En ese contexto, Bolsonaro llegó a asumir
la presidencia por la profundización de esta matriz autoritaria, racista,
clasista, xenofóbica, homofóbica, misógina, aporofóbica que se instaló
como un tumor maligno al interior de la sociedad, alimentada –como decíamos- de
la propia experiencia histórica secular, así como de la agudización de la
corrupción y la escandalosa impunidad de miembros de la clase política, de
grandes conglomerados y consorcios empresariales, de familias de terratenientes
y de los altos mandos militares que se han dedicado durante décadas a lucrar y
beneficiarse con los recursos públicos.
La redemocratización y el posterior proceso
de reconstrucción de las instituciones democráticas no fue suficiente para
acabar con los resabios del autoritarismo que permanecieron latentes en el seno
de la sociedad brasileña y que resurgieron a la luz del descontento y el
malestar acumulado, las carencias insufribles en los servicios básicos, la corrupción,
el desempleo y los bajos salarios, la presencia endémica del hambre, la
violencia cotidiana, la inepcia del Estado, la exclusión y el abandono que
experimenta una parte significativa de la población.

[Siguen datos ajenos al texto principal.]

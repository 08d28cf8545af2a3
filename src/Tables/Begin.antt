-- ===== src/Tables/Begin.antt =====
-- `conn = connect()` and `ensure_tables(conn)`, with which `main` of each service begins.
use portfolio_engine.Prelude.{
  ℕ, suc, ◌<◌, ◌≡◌, ◌↔◌, inl, inr, Bool, true, false, Option, some, arith,
}
use portfolio_engine.Database.Schema.{Catalog}
use portfolio_engine.Database.Connect.{
  connected, raised, no_connection, connect, connect-Ends, max_retries,
}
use portfolio_engine.Tables.{Program, ensure_tables}

module _ {C : Type 0} (attempt : ℕ → Option C) (p : Program) (catalog : Catalog) where
  -- Whether nothing raises. Without a connection, `ensure_tables` does.
  unfoldable pub begins : Bool
  begins = elim (connect attempt) [
    | connected _ _ ↦ (ensure_tables p catalog).0
    | raised ↦ false
    | no_connection ↦ false
  ]

  -- One of the ten attempts to connect works, and the statements succeed.
  abbrev pub CanBegin : Type 0
  CanBegin =
      ((k : ℕ) × (k < max_retries) × (x : C) × (attempt (suc k) ≡ some x))
      × ((ensure_tables p catalog).0 ≡ true)

  pub begins_iff : (begins ≡ true) ↔ CanBegin
  unfolding begins
  begins_iff = elim (connect-Ends attempt) [
    | inl (x, k, l, fails, works, e) ↦ rw (e, begins) (λ h. ((k, l, x, works), h), λ (_, h). h)
    | inr (fails, e) ↦
        rw (e, begins)
          (
            λ h. absurd (ground arith),
            λ up. let (k, l, y, works) = up.0 in absurd (ground (arith, fails k l)),
          )
  ]
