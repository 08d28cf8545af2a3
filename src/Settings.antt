-- ===== src/Settings.antt =====
-- The settings that are texts: `_parse_symbols` of portfolio_engine/config.py, and REDIS_ADDR, which
-- the `main` of portfolio_engine and of feature_engineering take apart. A text is its code points.
pub mod Split
pub mod Symbols
pub mod Address
mod Tests
use portfolio_engine.Prelude.{
  ℕ, ◌-◌, Bool, true, false, ◌&&◌, ◌||◌, not, Option, none, some, List, [], ◌∷◌, ◌++◌, map, leb,
  ◌==◌, if◌then◌else◌,
}

abbrev pub Text : Type 0
Text = List ℕ

-- `str.isspace` of one character.
unfoldable pub is_space : ℕ → Bool
is_space c =
    leb 9 c && leb c 13
    || leb 28 c && leb c 32
    || c == 133
    || c == 160
    || c == 5760
    || leb 8192 c && leb c 8202
    || c == 8232
    || c == 8233
    || c == 8239
    || c == 8287
    || c == 12288

abbrev pub add_first : ℕ → List Text → List Text
add_first c [] = (c ∷ []) ∷ []
add_first c (p ∷ ps) = (c ∷ p) ∷ ps

-- `text.split(sep)`, for a separator of one character.
unfoldable pub split : ℕ → Text → List Text
split sep [] = [] ∷ []
split sep (c ∷ text) = let rest = split sep text in if c == sep then [] ∷ rest else add_first c rest

unfoldable pub lstrip : Text → Text
lstrip [] = []
lstrip (c ∷ text) = let rest = lstrip text in if is_space c then rest else c ∷ text

-- What is left without the spaces at the end.
unfoldable pub rstrip : Text → Text
rstrip [] = []
rstrip (c ∷ text) = elim (rstrip text) [
  | [] ↦ if is_space c then [] else c ∷ []
  | d ∷ rest ↦ c ∷ d ∷ rest
]

unfoldable pub strip : Text → Text
unfolding lstrip rstrip
strip text = rstrip (lstrip text)

-- `[p for p in parts if p]`
unfoldable pub without_empty : List Text → List Text
without_empty [] = []
without_empty ([] ∷ ps) = without_empty ps
without_empty ((c ∷ p) ∷ ps) = (c ∷ p) ∷ without_empty ps

-- `str.upper` of the characters beyond ASCII is `upper_other`, which may give more than one.
module _ (upper_other : ℕ → Text) where
  unfoldable pub upper_char : ℕ → Text
  upper_char c =
      if leb b'a' c && leb c b'z'
      then (c - 32) ∷ []
      else if leb c 127
      then c ∷ []
      else upper_other c

  unfoldable pub upper : Text → Text
  unfolding upper_char
  upper [] = []
  upper (c ∷ text) = upper_char c ++ upper text

  unfoldable pub parse_symbols : Text → List Text
  unfolding upper without_empty split strip
  parse_symbols raw = without_empty (map (λ p. upper (strip p)) (split b',' raw))

-- `host, port = text.split(":")`, and then `int(port)`, which raises where `is_int` does not hold.
unfoldable pub parse_address : (Text → Bool) → Text → Option (Text × Text)
unfolding split
parse_address is_int text = elim (split b':' text) [
  | host ∷ port ∷ [] ↦ if is_int port then some (host, port) else none
  | _ ↦ none
]

abbrev pub is_read : Option (Text × Text) → Bool
is_read none = false
is_read (some _) = true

La extrema derecha y el bolsonarismo se
nutrieron de este caldo nefasto y corrosivo que fue minando la coexistencia
entre los brasileños, manifestándose bajo las más diversas formas del prejuicio
y la intolerancia para enfrentar las supuestas amenazas que encarnaban y siguen
personificando los segmentos más pobres y miserables del país.

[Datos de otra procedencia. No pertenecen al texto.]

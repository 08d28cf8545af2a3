-- ===== src/Settings/Split.antt =====
-- `split` and the join that undoes it.
use mathlib.Core.Path.{ap₂}
use portfolio_engine.Prelude.{
  ℕ, ◌≡◌, refl, sym, ap, ◌∙◌, inl, inr, false, Bool-cases, List, [], ◌∷◌, ◌++◌, All, arith, ◌==◌,
}
use portfolio_engine.Settings.{Text, add_first, split}

-- `",".join(parts)`
abbrev pub join : ℕ → List Text → Text
join sep [] = []
join sep (p ∷ []) = p
join sep (p ∷ q ∷ ps) = p ++ sep ∷ join sep (q ∷ ps)

abbrev pub Lacks : ℕ → Text → Type 0
Lacks sep = All (λ c. (c == sep) ≡ false)

split-append : (sep : ℕ) (p t : Text) → Lacks sep p → split sep (p ++ sep ∷ t) ≡ p ∷ split sep t
unfolding split
split-append sep [] t h = ground arith
split-append sep (c ∷ p) t h = rw (h.0) (ap (add_first c) (split-append sep p t h.1))

split_part : (sep : ℕ) (p : Text) → Lacks sep p → split sep p ≡ p ∷ []
unfolding split
split_part sep [] h = refl
split_part sep (c ∷ p) h = rw (h.0) (ap (add_first c) (split_part sep p h.1))

pub split-join :
    (sep : ℕ) (p : Text) (ps : List Text)
    → All (Lacks sep) (p ∷ ps)
    → split sep (join sep (p ∷ ps)) ≡ p ∷ ps
split-join sep p [] h = split_part sep p h.0
split-join sep p (q ∷ ps) h =
    split-append sep p (join sep (q ∷ ps)) h.0 ∙ ap (λ l. p ∷ l) (split-join sep q ps h.1)

split_cons : (sep : ℕ) (t : Text) → (q : Text) × (qs : List Text) × (split sep t ≡ q ∷ qs)
unfolding split
split_cons sep [] = ([], [], refl)
split_cons sep (c ∷ t) =
    let (q, qs, e) = split_cons sep t in
    elim (Bool-cases (c == sep)) [
      | inl same ↦ ([], split sep t, rw same)
      | inr other ↦ (c ∷ q, qs, rw (other, e))
    ]

add_first-Lacks :
    (sep c : ℕ) (ps : List Text)
    → (c == sep) ≡ false
    → All (Lacks sep) ps
    → All (Lacks sep) (add_first c ps)
add_first-Lacks sep c [] e h = ((e, tt), tt)
add_first-Lacks sep c (p ∷ ps) e h = ((e, h.0), h.1)

pub split-Lacks : (sep : ℕ) (t : Text) → All (Lacks sep) (split sep t)
unfolding split
split-Lacks sep [] = (tt, tt)
split-Lacks sep (c ∷ t) = elim (Bool-cases (c == sep)) [
  | inl e ↦ rw e (tt, split-Lacks sep t)
  | inr e ↦ rw e (add_first-Lacks sep c (split sep t) e (split-Lacks sep t))
]

join-add_first :
    (sep c : ℕ) (q : Text) (qs : List Text)
    → join sep (add_first c (q ∷ qs)) ≡ c ∷ join sep (q ∷ qs)
join-add_first sep c q [] = refl
join-add_first sep c q (p ∷ qs) = refl

pub join-split : (sep : ℕ) (t : Text) → join sep (split sep t) ≡ t
unfolding split
join-split sep [] = refl
join-split sep (c ∷ t) =
    let (q, qs, e) = split_cons sep t in
    let rest : join sep (q ∷ qs) ≡ t = ap (join sep) (sym e) ∙ join-split sep t in
    elim (Bool-cases (c == sep)) [
      | inl same ↦
          let is : c ≡ sep = ground arith in rw (same, e) (ap₂ (λ x y. x ∷ y) (sym is) rest)
      | inr other ↦ rw (other, e) (join-add_first sep c q qs ∙ ap (λ y. c ∷ y) rest)
    ]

En función de lo anterior, uno de los
mayores desafíos que tiene ahora el gobierno de Lula da Silva –además de
resolver los problemas más prominentes como el hambre y la desigualdad- es
desmontar los cimientos de esta construcción nefasta y destructiva del odio
visceral, de una completa ausencia de identidad, de la negación de un sustrato
común, de un sentido de comunidad de destino que aqueja a este país de
dimensiones y complejidad continental.
Si bien la reciente condenación de
Bolsonaro representa una respuesta imprescindible para el conjunto de los
demócratas brasileños, los riesgos del radicalismo de la extrema derecha
seguirán ensombreciendo el futuro de Brasil, obstaculizando sus capacidades
para desarrollar todas sus potencialidades como nación. Enfrentar estas
modalidades contemporáneas del fascismo se transformó en una tarea urgente no
solo para la actual administración, sino para la totalidad del cuerpo social
que aspira a construir una nación norteada por los principios de la tolerancia,
el pluralismo, el respeto a la diversidad y la convivencia democrática.
*Doctor en Ciencias Sociales. Editor del Blog Socialismo y Democracia. Analista del Centro Latinoamericano de Análisis Estratégico (CLAE).